Intest Res.  2019 Apr;17(2):273-277. 10.5217/ir.2018.00122.

Remission of diffuse ulcerative duodenitis in a patient with ulcerative colitis after infliximab therapy: a case study and review of the literature

Affiliations
  • 1Department of Gastroenterology, Daehang Hospital, Seoul, Korea. yschoi427@naver.com
  • 2Department of Pathology, Daehang Hospital, Seoul, Korea.

Abstract

Although ulcerative colitis (UC) is confined to colonic and rectal mucosa in a continuous fashion, recent studies have also demonstrated the involvement of upper gastrointestinal tract as diagnostic endoscopy becomes more available and technically advanced. The pathogenesis of UC is not well established yet. It might be associated with an inappropriate response of host mucosal immune system to gut microflora. Although continuous and symmetric distribution of mucosal inflammation from rectum to colon is a typical pattern of UC, clinical feature and course of atypically distributed lesions in UC might also help us understand the pathogenesis of UC. Herein, we report a case of duodenal involvement of UC which successfully remitted after infliximab therapy. Endoscopic and pathologic findings before and after administration of anti-tumor necrosis factor suggest that the pathogenesis of upper gastrointestinal involvement of UC may be similar to that of colon involvement.

Keyword

Duodenitis; Colitis, ulcerative; Remission

MeSH Terms

Colitis, Ulcerative*
Colon
Duodenitis*
Endoscopy
Gastrointestinal Microbiome
Humans
Immune System
Inflammation
Infliximab*
Mucous Membrane
Necrosis
Rectum
Ulcer*
Upper Gastrointestinal Tract
Infliximab

Figure

  • Fig. 1. Endoscopic findings. (A) At initial colonoscopy, diffuse ulcerative inflammation with profuse exudation and spontaneous mucosal hemorrhage. (B) At 3 months follow-up colonoscopy after induction therapy with infliximab, mucosal healing showing whitish scar formation was noted. (C) At initial esophagogastroduodenoscopy (EGD), diffuse edematous and ulcerative inflammation on the bulb and 2nd portion of duodenum. (D) At 3 months follow-up EGD after infliximab induction therapy, endoscopic mucosal healing was achieved on the duodenal mucosa showing scar change.

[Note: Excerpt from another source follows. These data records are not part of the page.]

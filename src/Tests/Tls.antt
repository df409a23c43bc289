-- ===== src/Tests/Tls.antt =====
-- Handshakes before and after a certificate is renewed.
use notation_aws_verifier.Prelude.{
  codes, none, List, [], ◌∷◌, map, ◌≡◌, ◌⊎◌, refl, sym, inl, inr, In, arith, Str, ◌++◌,
}
use notation_aws_verifier.Prelude.Result.{Result, ok, err}
use notation_aws_verifier.Tls.{TlsSecret, secret_type_tls, handshakes}
use notation_aws_verifier.Tls.Fresh.{Versioned, certificate_of, handshakes-certificate_of}

abbrev first : TlsSecret
first = record {
  type = secret_type_tls;
  resource_version = codes "1";
  cert_data = codes "a";
  key_data = codes "k";
}

abbrev renewed : TlsSecret
renewed = record {
  type = secret_type_tls;
  resource_version = codes "2";
  cert_data = codes "b";
  key_data = codes "l";
}

abbrev pair_up : Str → Str → Result Str
pair_up cert key = ok (cert ++ key)

abbrev answers : List (Result TlsSecret)
answers = ok first ∷ err (codes "gone") ∷ ok first ∷ ok renewed ∷ []

seen : (s : TlsSecret) → In (ok s) answers → (s ≡ first) ⊎ (s ≡ renewed)
seen s (inl e) = inl (ground arith)
seen s (inr (inl e)) = absurd (ground arith)
seen s (inr (inr (inl e))) = inl (ground arith)
seen s (inr (inr (inr (inl e)))) = inr (ground arith)
seen s (inr (inr (inr (inr e)))) = elim e [ ]

different : ¬ (codes "1" ≡ codes "2")
unfolding codes
different e = ground arith

versioned : Versioned pair_up answers
versioned s t i j same = elim (seen s i) [
  | inl p ↦ elim (seen t j) [
    | inl q ↦ rw (p, q) (refl, refl)
    | inr q ↦ absurd (different (rw (p, q) at same))
  ]
  | inr p ↦ elim (seen t j) [
    | inl q ↦ absurd (different (sym (rw (p, q) at same)))
    | inr q ↦ rw (p, q) (refl, refl)
  ]
]

handshakes-certificate_of_example :
    handshakes pair_up answers none ≡ map (certificate_of pair_up) answers
handshakes-certificate_of_example = handshakes-certificate_of pair_up answers versioned
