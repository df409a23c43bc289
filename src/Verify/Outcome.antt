-- ===== src/Verify/Outcome.antt =====
-- What a response of the verifier means.
pub mod Responses
pub mod Progress
pub mod Groups
pub mod Resolved
pub mod Accepted
pub mod Closed
pub mod Promises
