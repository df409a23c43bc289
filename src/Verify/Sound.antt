-- ===== src/Verify/Sound.antt =====
-- Every verification that succeeds has evidence, and keeps the cache sound. `vs` are the notation
-- verifiers of the period in which the requests run.
pub mod References
pub mod Attestations
pub mod Hits
pub mod Referrers
pub mod Satisfied
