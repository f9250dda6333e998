-- ===== src/Bundle/Checked.antt =====
-- What a reassembled bundle is known to hold.
use mathlib.Core.Path.{◌∙◌}
use mathlib.Core.List.{append-nil, append_assoc}
use airgapped_ai_gateway_k8s.Base.{
  String, Bool, true, false, not, ◌≡◌, refl, sym, List, [], ◌∷◌, ◌++◌, ◌==◌, arith, eq_iff,
}
use airgapped_ai_gateway_k8s.Base.Outcome.{
  Error, Result, ok, err, bundle_error, raise_if, IfOk, IfOk-bind, IfOk-eq,
}
use airgapped_ai_gateway_k8s.Base.Json.{
  Value, null, bool, int, real, str, arr, obj, Items, Fields, get, to_list,
}
use airgapped_ai_gateway_k8s.Base.Exec
use airgapped_ai_gateway_k8s.Base.Exec.{Exec, lift, modify, pure, after_bind}
use airgapped_ai_gateway_k8s.Bundle.{
  Bytes, Media, Reassembled, json_mapping, json_sequence, json_string, safe_relative_path,
  read_part, copy_parts, check_complete, reassemble_parts,
}

-- The entry names a file under the root that holds `content`, with the digest of `content`.
pub record IsPart (media : Media) (entry : Value) (content : Bytes) : Type 0 where
  pub part : Fields
  pub is_object : entry ≡ obj part
  pub relative : String
  pub named : get part "path" ≡ str relative
  pub inside : media.under_root (media.resolve relative) ≡ true
  pub contents : media.read_bytes (media.resolve relative) ≡ ok content
  pub digest : get part "sha256" ≡ str (media.sha256_hex content)

-- The bytes are those of the parts, joined in their order.
pub data AreJoined (media : Media) : List Value → Bytes → Type 0 where
  no_parts : AreJoined media [] []
  one_part :
      {entry : Value} {entries : List Value} {content rest : Bytes}
      → IsPart media entry content
      → AreJoined media entries rest
      → AreJoined media (entry ∷ entries) (content ++ rest)

object_read : (v : Value) (fs : Fields) → json_mapping v ≡ ok fs → v ≡ obj fs
object_read (obj gs) fs h = ground (arith, h)
object_read null fs h = cc
object_read (bool b) fs h = cc
object_read (int n) fs h = cc
object_read (real x) fs h = cc
object_read (str s) fs h = cc
object_read (arr vs) fs h = cc

string_read : (v : Value) (s : String) → json_string v ≡ ok s → v ≡ str s
string_read (str t) s h = ground (arith, h)
string_read null s h = cc
string_read (bool b) s h = cc
string_read (int n) s h = cc
string_read (real x) s h = cc
string_read (obj fs) s h = cc
string_read (arr vs) s h = cc

-- What a check that passed has tested.
test_holds : (b : Bool) (e : Error) (u : Unit {0}) → raise_if (not b) e ≡ ok u → b ≡ true
test_holds true e u h = refl
test_holds false e u h = cc

module _ (media : Media) where
  safe_relative_path-inside :
      (relative : String)
      → IfOk
          (λ path.
            (media.under_root (media.resolve relative) ≡ true) × (path ≡ media.resolve relative))
          (safe_relative_path media relative)
  unfolding safe_relative_path
  safe_relative_path-inside relative =
      IfOk-bind _ (raise_if (not (media.under_root (media.resolve relative))) _) _
        λ u h. (test_holds _ _ u h, refl)

  read_part-IsPart : (entry : Value) → IfOk (IsPart media entry) (read_part media entry)
  unfolding read_part
  read_part-IsPart entry =
      let P = IsPart media entry in
      IfOk-bind P (json_mapping entry) _ λ part a.
        IfOk-bind P (json_string (get part "path")) _ λ relative b.
          IfOk-bind P (safe_relative_path media relative) _ λ path c.
            IfOk-bind P (media.read_bytes path) _ λ content d.
              IfOk-bind P (json_string (get part "sha256")) _ λ expected e.
                IfOk-bind P
                  (raise_if (not (media.sha256_hex content == expected))
                    (bundle_error "part checksum mismatch"))
                  (λ u. ok content)
                  λ u f.
                    let (inside, at) = IfOk-eq _ _ (safe_relative_path-inside relative) c in
                    let same =
                      (eq_iff (media.sha256_hex content) expected).0 (test_holds _ _ u f) in
                    record {
                      part = part;
                      is_object = object_read entry part a;
                      relative = relative;
                      named = string_read (get part "path") relative b;
                      inside = inside;
                      contents = rw (sym at) d;
                      digest = rw same (string_read (get part "sha256") expected e);
                    }

  Copied : List Value → Bytes → Result (Unit {0}) × Bytes → Type 0
  Copied entries before r =
      (u : Unit {0})
      → r.0 ≡ ok u
      → (joined : Bytes) × AreJoined media entries joined × (r.1 ≡ before ++ joined)

  written_part :
      (entry : Value) (entries : List Value) (before : Bytes)
      → ((w : Bytes) → Copied entries w (copy_parts media entries w))
      → (r : Result Bytes) → read_part media entry ≡ r
      → Copied (entry ∷ entries) before (
          Exec.continue r
            (λ content.
              Exec.◌>>◌ (modify (λ written. written ++ content)) (copy_parts media entries))
            before)
  unfolding Copied Exec.continue Exec.◌>>=◌ modify
  written_part entry entries before h (err e) q u p = cc
  written_part entry entries before h (ok content) q u p =
      let (rest, joined, at) = h (before ++ content) u p in
      (
        content ++ rest,
        one_part (IfOk-eq (IsPart media entry) _ (read_part-IsPart entry) q) joined,
        at ∙ append_assoc before content rest,
      )

  copy_parts-Copied :
      (entries : List Value) (before : Bytes)
      → Copied entries before (copy_parts media entries before)
  unfolding copy_parts Copied Exec.◌>>=◌ lift pure
  copy_parts-Copied [] before = λ u p. ([], no_parts, sym (append-nil before))
  copy_parts-Copied (entry ∷ entries) before =
      written_part entry entries before (copy_parts-Copied entries) (read_part media entry) refl

-- What `reassemble_parts` leaves behind when it returns.
pub record IsReassembled (media : Media) (loaded : Value) (report : Reassembled) (written : Bytes)
    : Type 0 where
  pub metadata : Fields
  pub is_object : loaded ≡ obj metadata
  pub entries : Items
  pub listed : get metadata "parts" ≡ arr entries
  pub joined : AreJoined media (to_list entries) written
  pub reported : report.sha256 ≡ media.sha256_hex written
  pub digest : get metadata "completeSha256" ≡ str report.sha256

sequence_read :
    (v : Value) (vs : List Value)
    → json_sequence v ≡ ok vs
    → (es : Items) × (v ≡ arr es) × (to_list es ≡ vs)
sequence_read (arr es) vs h = (es, refl, ground (arith, h))
sequence_read null vs h = cc
sequence_read (bool b) vs h = cc
sequence_read (int n) vs h = cc
sequence_read (real x) vs h = cc
sequence_read (str s) vs h = cc
sequence_read (obj fs) vs h = cc

module _ (media : Media) where
  check_complete_lem :
      (metadata : Fields) (written : Bytes)
      → IfOk
          (λ report.
            (report.sha256 ≡ media.sha256_hex written)
            × (get metadata "completeSha256" ≡ str report.sha256))
          (check_complete media metadata written).0
  unfolding check_complete
  check_complete_lem metadata written =
      IfOk-bind _ (json_string (get metadata "completeSha256")) _ λ expected e.
        IfOk-bind _
          (raise_if (not (media.sha256_hex written == expected))
            (bundle_error "reassembled bundle checksum mismatch"))
          _
          λ u f.
            let same = (eq_iff (media.sha256_hex written) expected).0 (test_holds _ _ u f) in
            (refl, rw same (string_read (get metadata "completeSha256") expected e))

  Finished : Value → Reassembled → Result Reassembled × Bytes → Type 0
  Finished loaded report r = r.0 ≡ ok report → IsReassembled media loaded report r.1

  raised :
      (loaded : Value) (report : Reassembled) (w : Bytes) {A : Type 0} {r : Result A} (e : Error)
      → r ≡ err e
      → Finished loaded report (err e, w)
  unfolding Finished
  raised loaded report w e q p = cc

  last_check :
      (loaded : Value) (report : Reassembled) (metadata : Fields)
      → json_mapping loaded ≡ ok metadata
      → (vs : List Value) → json_sequence (get metadata "parts") ≡ ok vs
      → (u : Unit {0}) → (copy_parts media vs []).0 ≡ ok u
      → Finished loaded report (check_complete media metadata (copy_parts media vs []).1)
  unfolding Finished Copied check_complete
  last_check loaded report metadata a vs b u d p =
      let (entries, listed, same) = sequence_read (get metadata "parts") vs b in
      let (bytes, joined, at) = copy_parts-Copied media vs [] u d in
      let (reported, digest) =
        IfOk-eq _ _ (check_complete_lem metadata (copy_parts media vs []).1) p in
      record {
        metadata = metadata;
        is_object = object_read loaded metadata a;
        entries = entries;
        listed = listed;
        joined = rw (at, same) joined;
        reported = reported;
        digest = digest;
      }

  -- If a reassembly returns, then the output file holds the contents of the listed parts, joined in
  -- their order and with nothing of what it held before; every part is a file under the bundle's
  -- root with the digest that the metadata has for it; and the digest of the output is the one that
  -- the metadata has for the bundle, and the one that is reported.
  pub reassemble_parts-IsReassembled :
      (loaded : Value) (before : Bytes) (report : Reassembled)
      → (reassemble_parts media loaded before).0 ≡ ok report
      → IsReassembled media loaded report (reassemble_parts media loaded before).1
  unfolding reassemble_parts lift modify Finished
  reassemble_parts-IsReassembled loaded before report =
      let P = Finished loaded report in
      after_bind P (lift (json_mapping loaded)) _ before
        (λ metadata a.
          after_bind P (lift (json_sequence (get metadata "parts"))) _ before
            (λ vs b.
              after_bind P (modify (λ w. [])) _ before
                (λ u c.
                  after_bind P (copy_parts media vs) (λ t. check_complete media metadata) []
                    (λ t d. last_check loaded report metadata a vs b t d) (raised loaded report _))
                (raised loaded report _))
            (raised loaded report _))
        (raised loaded report _)
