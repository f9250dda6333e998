-- ===== src/Capture.antt =====
-- src/airgap_ai_gateway/snapshot.py: the snapshot before a change.
pub mod Accounted
use airgapped_ai_gateway_k8s.Base.{
  ℕ, ◌+◌, String, ◌<>◌, Bool, true, false, not, ◌&&◌, ◌||◌, List, [], ◌∷◌, Option, none, some, ◌==◌,
  length, if◌then◌else◌,
}
use airgapped_ai_gateway_k8s.Base.Int.{pos, int_eq}
use airgapped_ai_gateway_k8s.Base.Strip.{strip, has_substring}
use airgapped_ai_gateway_k8s.Base.Outcome.{Result, ok, err, safety_error, execution_error, raise_if}
use airgapped_ai_gateway_k8s.Base.Order.{sorted}
use airgapped_ai_gateway_k8s.Redaction.{redacted, is_secret_kind}
use airgapped_ai_gateway_k8s.Base.Json.{Value, str, obj, Fields, end, field, get, as_dict}
use airgapped_ai_gateway_k8s.Base.Exec.{Exec, pure, raise, lift, ◌>>=◌, ◌>>◌}
use airgapped_ai_gateway_k8s.Base.Runner.{Call, History, Runner, plain_call, run}
use airgapped_ai_gateway_k8s.Models.{CommandResult}
use airgapped_ai_gateway_k8s.Ledger.Ref.{ResourceRef, identity}
use airgapped_ai_gateway_k8s.Ledger.Snapshot.{PreChangeSnapshot, Resources, key_lt}
use airgapped_ai_gateway_k8s.Planning.Plan.{ExecutionPlan}
use airgapped_ai_gateway_k8s.Conditions.Poll.{Loads}

-- The report, without the path of the file.
pub record SnapshotReport : Type 0 where
  pub status : String
  pub resource_count : ℕ
  pub absent_count : ℕ
  pub sensitive_count : ℕ

-- The variables of the loop.
pub record Progress : Type 0 where
  pub resources : Resources
  pub absent : ℕ
  pub sensitive : ℕ

abbrev pub nothing_yet : Progress
nothing_yet = record { resources = []; absent = 0; sensitive = 0 }

-- resources[identity] = manifest: a key that is there keeps its place.
unfoldable pub set_resource : String → Fields → Resources → Resources
set_resource identity manifest [] = (identity, manifest) ∷ []
set_resource identity manifest ((key, held) ∷ rest) =
    let others = set_resource identity manifest rest in
    if key == identity then (key, manifest) ∷ rest else (key, held) ∷ others

unfoldable pub parse_manifest : Loads → String → Result Fields
parse_manifest loads stdout = elim (loads stdout) [
  | none ↦ err (execution_error "snapshot capture returned invalid JSON")
  | some payload ↦ elim (as_dict payload) [
    | none ↦ err (execution_error "snapshot capture returned non-object JSON")
    | some manifest ↦ ok manifest
  ]
]

-- `lower` is `str.lower`.
unfoldable pub get_resource_command : (String → String) → ResourceRef → List String
get_resource_command lower ref =
    if ref.namespace == ""
    then "kubectl" ∷ "get" ∷ lower ref.kind ∷ ref.name ∷ "-o" ∷ "json" ∷ []
    else "kubectl" ∷ "-n" ∷ ref.namespace ∷ "get" ∷ lower ref.kind ∷ ref.name ∷ "-o" ∷ "json" ∷ []

unfoldable pub is_not_found : (String → String) → CommandResult → Bool
is_not_found lower result =
    let combined = lower (result.stdout <> ("\n" <> result.stderr)) in
    not (int_eq result.returncode (pos 0))
    && (has_substring "notfound" combined || has_substring "not found" combined)

abbrev pub get_call : (String → String) → ResourceRef → Call
get_call lower ref = record {
  argv = get_resource_command lower ref;
  input_text = none;
  sensitive_output = ref.kind == "Secret";
}

abbrev pub with_resource : ResourceRef → Fields → Progress → Progress
with_resource ref manifest p = record {
  resources = set_resource (identity ref) manifest p.resources;
  absent = p.absent;
  sensitive = if ref.kind == "Secret" then p.sensitive + 1 else p.sensitive;
}

abbrev pub with_absent : Progress → Progress
with_absent p = record p { absent = p.absent + 1 }

abbrev pub captured : Progress → PreChangeSnapshot
captured p = record { status = "ok"; resources = p.resources; error = none }

abbrev pub capture_report : Progress → SnapshotReport
capture_report p = record {
  status = "captured";
  resource_count = length p.resources;
  absent_count = p.absent;
  sensitive_count = p.sensitive;
}

module _ (loads : Loads) (lower : String → String) (runner : Runner) where
  unfoldable pub verify_current_context : String → Exec History (Unit {0})
  unfolding run
  verify_current_context expected_context = do
    result ← run runner (plain_call ("kubectl" ∷ "config" ∷ "current-context" ∷ []))
    lift (
        raise_if
          (not (int_eq result.returncode (pos 0)) || not (strip result.stdout == expected_context))
          (safety_error "context mismatch"))

  -- What is done with the answer to the read.
  unfoldable pub note_answer : ResourceRef → Progress → CommandResult → Exec History Progress
  unfolding parse_manifest
  note_answer ref p result =
      if int_eq result.returncode (pos 0)
      then (lift (parse_manifest loads result.stdout) >>= λ manifest.
          pure (with_resource ref manifest p))
      else if is_not_found lower result
      then pure (with_absent p)
      else raise (execution_error "snapshot capture failed")

  -- The body of the loop.
  unfoldable pub capture_one : String → ResourceRef → Progress → Exec History Progress
  unfolding run verify_current_context note_answer
  capture_one expected_context ref p = do
    verify_current_context expected_context
    result ← run runner (get_call lower ref)
    note_answer ref p result

  unfoldable pub capture_all : String → List ResourceRef → Progress → Exec History Progress
  unfolding capture_one
  capture_all expected_context [] p = pure p
  capture_all expected_context (ref ∷ refs) p = do
    q ← capture_one expected_context ref p
    capture_all expected_context refs q

  -- The snapshot that is written to the file, and the report.
  unfoldable pub capture_snapshot :
      ExecutionPlan → String → Exec History (PreChangeSnapshot × SnapshotReport)
  unfolding capture_all
  capture_snapshot plan expected_context = do
    lift (
        raise_if (not (expected_context == plan.expected_context))
          (safety_error "expected context must match the saved plan exactly"))
    p ← capture_all expected_context plan.resources nothing_yet
    pure (captured p, capture_report p)

-- What the preview shows of a resource.
abbrev preview_value : Fields → Value
preview_value manifest =
    if is_secret_kind (get manifest "kind") then str redacted else get manifest "kind"

abbrev preview_items : Resources → Fields
preview_items [] = end
preview_items ((key, manifest) ∷ rest) = field key (preview_value manifest) (preview_items rest)

unfoldable pub redacted_snapshot_preview : PreChangeSnapshot → Fields
redacted_snapshot_preview s =
    field "resources" (obj (preview_items (sorted key_lt s.resources)))
      (field "status" (str s.status) end)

  • Fig. 2. Histopathological findings. (A) High-power magnification of duodenum showing histologic features of chronic active duodenitis. There is a manifestation of chronic active colitis with crypt distortion, basal lymphoplasmacytosis and crypt abscess (H&E stain, ×200). (B) High-power magnification of duodenum after infliximab treatment. Note the decreased density of inflammatory cell infiltrates in lamina propria as well as decreased active inflammation compared to those of prior medical treatment. Instead of prominent inflammatory cell infiltrates, subepithelial fibrosis is also noted (H&E stain, ×200).